Monday, October 17, 2011

SWEET MUSIC MAN REVISITED...

Last Sunday, October 16,2011, I picked up my Chicago Tribune and read Clarence Page's column condemning Herman Cain for declaring that black folks have been brainwashed. It seems that Clarence thinks Herman is a racist. Well gee whiz, to hear the present administration these days and most liberals, who isn't a racist. So, accordingly, I wrote a letter to Mr. Page and let him know how one reader felt about his comments. The following is the letter.

Dear Mr. Page,

After reading your column for Sunday, October 16, I was amazed at how little progressive, elite blacks, like yourself, understand the real plight of the black community. Mr.Cain's remarks about brainwashing, in regard to that manipulated community, make all the sense in the world. It was from that community, which Mr. Cain understands all to well, that Mr. Cain, just as you did, escaped the philosophy of progressive passiveness to the human condition of the weakness for "something for nothing."

In criticizing Mr. Cain you have revealed your need, as a black man, to suckle at the teet of the white progressive ruling elite and reduced yourself to using the race card to marginalize a black conservative in the hope of preserving some exalted position among those elites. Mr. Cains remarks are only emphasizing that which everybody knows.

Since 1964 and the the Great Society, the unintended consequence of that program has been to enslave a few generations of the black community, and surely among others, to that philosophy of "something for nothing" in exchange for the vote. And that surely is what the democratic party gets. Poverty has been reduced by a miniscule amount. The outcry of racism when a common sense call for drug testing in return for welfare is shouted down, we know that those demands are nothing more than avoiding the rule of accountability. Even you, in the raising of your own children would demand much more.

There was a song recorded by Kenny Rogers entitled ' Sweet Music Man " and a line in the lyrics went like this:

" You're a hell of a singer but a broken man
And you surround yourself with people who demand
So little of you.

The question arises, why do you demand so little of your own people ?

Thursday, October 13, 2011

SO YA WANNA PAY 50%, DO YA.

It seems this reply to a discussion that was taking place on a friends Facebook page was considered abuse of some kind and was rejected (Abuse I guess).. Jeez, Im heartbroken. It just seems harder and harder to discuss current events with defensive people.

It seems the person was willing to.pay 50 per cent in taxes to be as happy as the population in Denmark where the government, I’m supposing, makes everybody happy. So I wrote........
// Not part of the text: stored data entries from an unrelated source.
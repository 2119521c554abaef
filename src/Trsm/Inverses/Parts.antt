-- ===== src/Trsm/Inverses/Parts.antt =====
-- The parts of a triangular matrix and of the buffer of its inverses, by side and transpose.
use sycl_blas.Base.{
  ℕ, ◌+◌, ◌≤◌, ◌≡◌, Bool, true, false, not, refl, ap, arith, if◌then◌else◌, leb, ◌&&◌, ◌||◌,
}
use sycl_blas.Base.Scalar.{Scalar}
use sycl_blas.Base.Matrices.{Entries}
use sycl_blas.Container.{BufferIterator}
use sycl_blas.Views.{Store}
use sycl_blas.Gemm.Call.{entry_at}
use sycl_blas.Trsm.Inverter.Inverse.{IsInvertible}
use sycl_blas.Trsm.Steps.{op_side}

leb_shift : (i a b : ℕ) → leb (i + a) (i + b) ≡ leb a b
leb_shift i a b = ground arith

pub leb_self : (a : ℕ) → leb a a ≡ true
leb_self a = ground arith

pub shift-IsInvertible {ℓ} :
    {A : Type ℓ} (s : Scalar A) (unit_diag : Bool) (n i size : ℕ) (t : Entries A)
    → i + size ≤ n
    → IsInvertible s unit_diag n t
    → IsInvertible s unit_diag size (λ row col. t (i + row) (i + col))
shift-IsInvertible s true n i size t fits h = λ j hj. h (i + j) (omega arith)
shift-IsInvertible s false n i size t fits h = λ j hj. h (i + j) (omega arith)

-- A triangle of a block of A, by the names of the flags.
abbrev pub block_part {ℓ} : {A : Type ℓ} → A → Bool → Store A → BufferIterator → ℕ → ℕ → ℕ → ℕ → A
block_part z upper st a lda i row col =
    if (if upper then leb row col else leb col row)
    then entry_at st a lda (i + row) (i + col)
    else z

-- Whether the equations have the transpose of A.
abbrev pub flips : Bool → Bool → Bool
flips side trans = if side then trans else not trans

abbrev up_of : Bool → Bool → Bool → Bool
up_of side upper trans =
    let op_lower = upper && trans || not upper && not trans in
    if side then op_lower else not op_lower

module _ {ℓ} {A : Type ℓ} (z : A) (st : Store A) (a : BufferIterator) (lda i l k : ℕ) where
  chosen : (x y : Bool) (v : A) → x ≡ y → (if x then v else z) ≡ (if y then v else z)
  chosen x y v e = ap (λ b. if b then v else z) e

  pub triangle_part :
      (side upper trans : Bool)
      → (if (if up_of side upper trans then leb (i + k) (i + l) else leb (i + l) (i + k))
          then op_side side st trans a lda (i + l) (i + k)
          else z)
        ≡ (if flips side trans
            then block_part z upper st a lda i k l
            else block_part z upper st a lda i l k)
  triangle_part true true true = chosen _ _ _ (leb_shift i k l)
  triangle_part true true false = chosen _ _ _ (leb_shift i l k)
  triangle_part true false true = chosen _ _ _ (leb_shift i l k)
  triangle_part true false false = chosen _ _ _ (leb_shift i k l)
  triangle_part false true true = chosen _ _ _ (leb_shift i l k)
  triangle_part false true false = chosen _ _ _ (leb_shift i k l)
  triangle_part false false true = chosen _ _ _ (leb_shift i k l)
  triangle_part false false false = chosen _ _ _ (leb_shift i l k)

  pub inverse_part :
      (side trans : Bool) (leading : ℕ)
      → op_side side st trans a leading k l
        ≡ (if flips side trans then entry_at st a leading l k else entry_at st a leading k l)
  inverse_part true true leading = refl
  inverse_part true false leading = refl
  inverse_part false true leading = refl
  inverse_part false false leading = refl
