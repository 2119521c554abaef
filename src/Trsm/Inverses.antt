-- ===== src/Trsm/Inverses.antt =====
-- The inverter's blocks, as the loops of `_trsm` read them.
pub mod Parts
use mathlib.Core.Path.{ap₂, subst}
use native.Mathlib.Decide.{ℕ_discrete}
use sycl_blas.Base.{
  ℕ, ◌+◌, ◌-◌, ◌*◌, ◌/◌, ◌<◌, ◌≤◌, ◌≡◌, ◌≢◌, inl, inr, Bool, true, false, not, refl, sym, ap, ◌∙◌,
  arith, if◌then◌else◌, leb, min, ◌&&◌, ◌||◌, Result, Bool-cases,
}
use sycl_blas.Base.Int.{ℤ, int_laws}
use sycl_blas.Base.Scalar.{Scalar, IsExact}
use sycl_blas.Base.Matrices.{Entries, total, total_congr, identity, identity_other, product}
use sycl_blas.Meta.{round_up, round_up_ratio}
use sycl_blas.Meta.Rounding.{round_up_ratio_bounds, round_up-eq}
use sycl_blas.Container.{BufferIterator, advance}
use sycl_blas.Views.{Store, make_matrix_view, get_range_accessor}
use sycl_blas.Kernel.{launch}
use sycl_blas.Executor.{Executor}
use sycl_blas.Gemm.Call.{GemmCall, entry_at}
use sycl_blas.Base.Division.{split_div}
use sycl_blas.Trsm.Calls.{System, block_size, shift}
use sycl_blas.Trsm.{inverter, num_blocks}
use sycl_blas.Trsm.Inverter.{inverter_eval}
use sycl_blas.Trsm.Inverter.Inverse.{IsInvertible}
use sycl_blas.Trsm.Inverter.Launch.{inverse_place}
use sycl_blas.Trsm.Inverter.Blocks.{
  block_triangle, block_rows, IsInvertible-congr, inverter_launch_lem,
}
use sycl_blas.Trsm.Steps.{op_side, equations, inverse_at}
use sycl_blas.Trsm.States.{triangle, HasInverses}
use sycl_blas.Trsm.Loops.{goes_up}
use sycl_blas.Trsm.Inverses.Parts.{
  leb_self, shift-IsInvertible, block_part, flips, triangle_part, inverse_part,
}

-- The diagonal of A: ones for a unit diagonal, elements with reciprocals else.
abbrev pub HasDiagonal {ℓ} : {A : Type ℓ} → Scalar A → System A → Store A → Type ℓ
HasDiagonal s t st =
    IsInvertible s t.is_unit_diag (equations t.is_left t)
      (λ row col. entry_at st t.a_ t.lda row col)

module _ {ℓ} {A : Type ℓ} {s : Scalar A} (exact : IsExact s)
    (add-neg : (x : A) → s.add x (s.neg x) ≡ s.zero) (ex : Executor) (t : System A)
    (run : GemmCall A → Store A → Result (Store A))
    (apart : t.a_.buffer.name ≢ t.inv_a_.buffer.name) (st start : Store A)
    (a_same : (x : ℤ) → start t.a_.buffer.name x ≡ st t.a_.buffer.name x)
    (inv_same : (x : ℤ)
      → start t.inv_a_.buffer.name x
        ≡ launch
            (num_blocks s ex run t * block_size)
            (inverter_eval s (inverter s ex run t))
            st
            t.inv_a_.buffer.name
            x) where
  num_blocks_lem :
      (block : ℕ) → block * block_size < equations t.is_left t → block < num_blocks s ex run t
  num_blocks_lem block h =
      let rounded = round_up_ratio_bounds (equations t.is_left t) 16 (omega arith) in
      let groups : num_blocks s ex run t ≡ round_up_ratio (equations t.is_left t) 16 =
        ap (λ x. x / 16) {x = round_up (equations t.is_left t) 16}
          {y = 0 + round_up_ratio (equations t.is_left t) 16 * 16}
          (round_up-eq (equations t.is_left t) 16 ∙ omega arith)
        ∙ split_div (round_up_ratio (equations t.is_left t) 16) 0 16 (omega arith) in
      omega (arith, groups, rounded.0)

  identity_sym : (i j : ℕ) → identity exact j i ≡ identity exact i j
  identity_sym i j = elim (ℕ_discrete i j) [
    | yes e ↦ subst (λ x. identity exact j x ≡ identity exact x j) (sym e) refl
    | no ne ↦ identity_other exact j i (λ e. ne (sym e)) ∙ sym (identity_other exact i j ne)
  ]

  module _ (diagonal : HasDiagonal s t st) (block size : ℕ)
      (fits : block * block_size < equations t.is_left t)
      (all_of_it : size ≡ min (equations t.is_left t - block * block_size) block_size) where
    -- The block's triangle, and its inverse in memory.
    abbrev part : Entries A
    part = block_triangle s (inverter s ex run t) block st

    abbrev stored : Entries A
    stored row col =
        entry_at start (shift t.inv_a_ (block * block_size * block_size)) block_size row col

    rows_eq : block_rows (inverter s ex run t) block ≡ size
    unfolding make_matrix_view
    rows_eq = omega arith

    part_eq :
        (row col : ℕ)
        → block_part s.zero t.is_upper start t.a_ t.lda (block * block_size) row col ≡ part row col
    unfolding make_matrix_view get_range_accessor
    part_eq row col =
        ap (λ v. if (if t.is_upper then leb row col else leb col row) then v else s.zero) (a_same _)

    diagonal_eq :
        (j : ℕ)
        → part j j ≡ entry_at st t.a_ t.lda (block * block_size + j) (block * block_size + j)
    unfolding make_matrix_view get_range_accessor
    diagonal_eq j = elim (Bool-cases t.is_upper) [
      | inl u ↦ rw (u, leb_self j)
      | inr u ↦ rw (u, leb_self j)
    ]

    part-IsInvertible : IsInvertible s t.is_unit_diag size part
    part-IsInvertible =
        IsInvertible-congr s t.is_unit_diag size _ part (λ j hj. sym (diagonal_eq j))
          (shift-IsInvertible s t.is_unit_diag (equations t.is_left t) (block * block_size) size _
            (omega arith) diagonal)

    stored_eq :
        (row col : ℕ)
        → launch
            (num_blocks s ex run t * block_size)
            (inverter_eval s (inverter s ex run t))
            st
            t.inv_a_.buffer.name
            (inverse_place s (inverter s ex run t) block row col)
          ≡ stored row col
    unfolding make_matrix_view advance
    stored_eq row col =
        ap
          (launch (num_blocks s ex run t * block_size) (inverter_eval s (inverter s ex run t)) st
            t.inv_a_.buffer.name)
          (omega int_laws)
        ∙ sym (inv_same _)

    abbrev inverse : Entries A
    inverse row col =
        launch (num_blocks s ex run t * block_size) (inverter_eval s (inverter s ex run t)) st
          t.inv_a_.buffer.name (inverse_place s (inverter s ex run t) block row col)

    raw_products :
        ((i j : ℕ) → i < size → j < size → product exact size inverse part i j ≡ identity exact i j)
        × ((i j : ℕ)
            → i < size
            → j < size
            → product exact size part inverse i j ≡ identity exact i j)
    unfolding make_matrix_view get_range_accessor
    raw_products =
        subst
          (λ n.
            IsInvertible s t.is_unit_diag n part
            → ((i j : ℕ) → i < n → j < n → product exact n inverse part i j ≡ identity exact i j)
              × ((i j : ℕ) → i < n → j < n → product exact n part inverse i j ≡ identity exact i j))
          rows_eq
          (λ inv.
            let p =
              inverter_launch_lem exact add-neg (inverter s ex run t) (num_blocks s ex run t)
                (omega arith) apart st block (num_blocks_lem block fits) inv in
            (λ i j hi hj. (p i j hi hj).0, λ i j hi hj. (p i j hi hj).1))
          part-IsInvertible

    products :
        ((i j : ℕ) → i < size → j < size → product exact size stored part i j ≡ identity exact i j)
        × ((i j : ℕ)
            → i < size
            → j < size
            → product exact size part stored i j ≡ identity exact i j)
    products = (
      λ i j hi hj.
          total_congr exact size _ _ (λ k _. ap (λ v. s.mul v (part k j)) (sym (stored_eq i k)))
          ∙ raw_products.0 i j hi hj,
      λ i j hi hj.
          total_congr exact size _ _ (λ k _. ap (s.mul (part i k)) (sym (stored_eq k j)))
          ∙ raw_products.1 i j hi hj,
    )

    -- A term of the product, by whether the equations have the transpose.
    abbrev term : ℕ → ℕ → ℕ → Bool → A
    term l j k b =
        s.mul
          (if b
            then block_part s.zero t.is_upper start t.a_ t.lda (block * block_size) k l
            else block_part s.zero t.is_upper start t.a_ t.lda (block * block_size) l k)
          (if b then stored j k else stored k j)

    on_block :
        (l j : ℕ)
        → l < size
        → j < size
        → total exact size (λ k.
          s.mul
            (triangle s t (goes_up t) start (block * block_size + l) (block * block_size + k))
            (inverse_at t t.is_left start (block * block_size) k j))
          ≡ identity exact l j
    on_block l j hl hj =
        total_congr exact size _ _ (λ k _.
          ap₂ s.mul
            (triangle_part s.zero start t.a_ t.lda (block * block_size) l k t.is_left t.is_upper
              t.is_transpose)
            (inverse_part s.zero start (shift t.inv_a_ (block * block_size * block_size)) 0 0 j k
              t.is_left t.is_transpose block_size))
        ∙ elim (Bool-cases (flips t.is_left t.is_transpose)) [
          | inl e ↦
              total_congr exact size _ _ (λ k _.
                ap (term l j k) e ∙ exact.mul_comm _ _ ∙ ap (s.mul (stored j k)) (part_eq k l))
              ∙ products.0 j l hj hl
              ∙ identity_sym l j
          | inr e ↦
              total_congr exact size _ _
                (λ k _. ap (term l j k) e ∙ ap (λ v. s.mul v (stored k j)) (part_eq l k))
              ∙ products.1 l j hl hj
        ]

  pub launch-HasInverses : HasDiagonal s t st → HasInverses exact t (goes_up t) start
  launch-HasInverses diagonal block i size at fits all_of_it l j hl hj =
      subst
        (λ i.
          i < equations t.is_left t
          → size ≡ min (equations t.is_left t - i) block_size
          → total exact size (λ k.
            s.mul (triangle s t (goes_up t) start (i + l) (i + k))
              (inverse_at t t.is_left start i k j))
            ≡ identity exact l j)
        (sym at) (λ fits all_of_it. on_block diagonal block size fits all_of_it l j hl hj) fits
        all_of_it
V......The population of Denmark is 5,529,888 (July 2011 est.) It would seem that in a population of 5 million and a 50 per cent tax rate, the progressive idea of one size fits all might work. However, if I project that idea into a population of 308 million, that thrives on a 70 per cent consumer economy , and a large segment of the population that is dependent on government because that government has taken away the ambition and work ethic by way of the very thing you are wishing for, I would think that disaster, if not here now, would not be far behind. Taking money out of the private sector and injecting it into the government sector is tantamount to paying for your own slavery. And government injecting money to stimulate the economy seems not to work. Keynes was wrong then and his economics is wrong now. Simply look to the European models of Greece, Spain, Ireland, Portugal, and the U.K. The soft side of socialism in Western Europe is taking them down for the simple reason that which is given for free has no value. There’s a sort of folk song that was recorded by Kenny Rogers that sums it up. The song is called “Sweet Music Man” and there’s a line that in part goes,

“Your still a hell of a singer but a broken man
And you surround yourself with people who demand
So little of you"............That would be our fate in a progressive society.

Sunday, October 09, 2011

OVERCROWDING WALL STREET

Protesting in the streets brings back the fond memories of the 1968 riots in Chicago. As it turns out it was merely the confused academic masses and some peasant followers suffering from the same inane leftist philosophy, gathering to wait for their real estate license test results.

So now, in 2011 we have the low bourgeois and indoctrinated academic unemployed,with their $50 back packs and $90 dollar cell phone bills, and probably a host of paid union help, storming the money citadel ,Wall Street, railing for the redistribution of the belongings of others who attained success through ambition or hard work, to a section of the society that has been relegated to poverty and second class citizenship by a progressive philosophy of welfare that has destroyed the will to work and instilled in them, to an injurious degree, that the value of an education is a worthless endeavor . The real goal is specific to the progressive, wealthy, ruling elite.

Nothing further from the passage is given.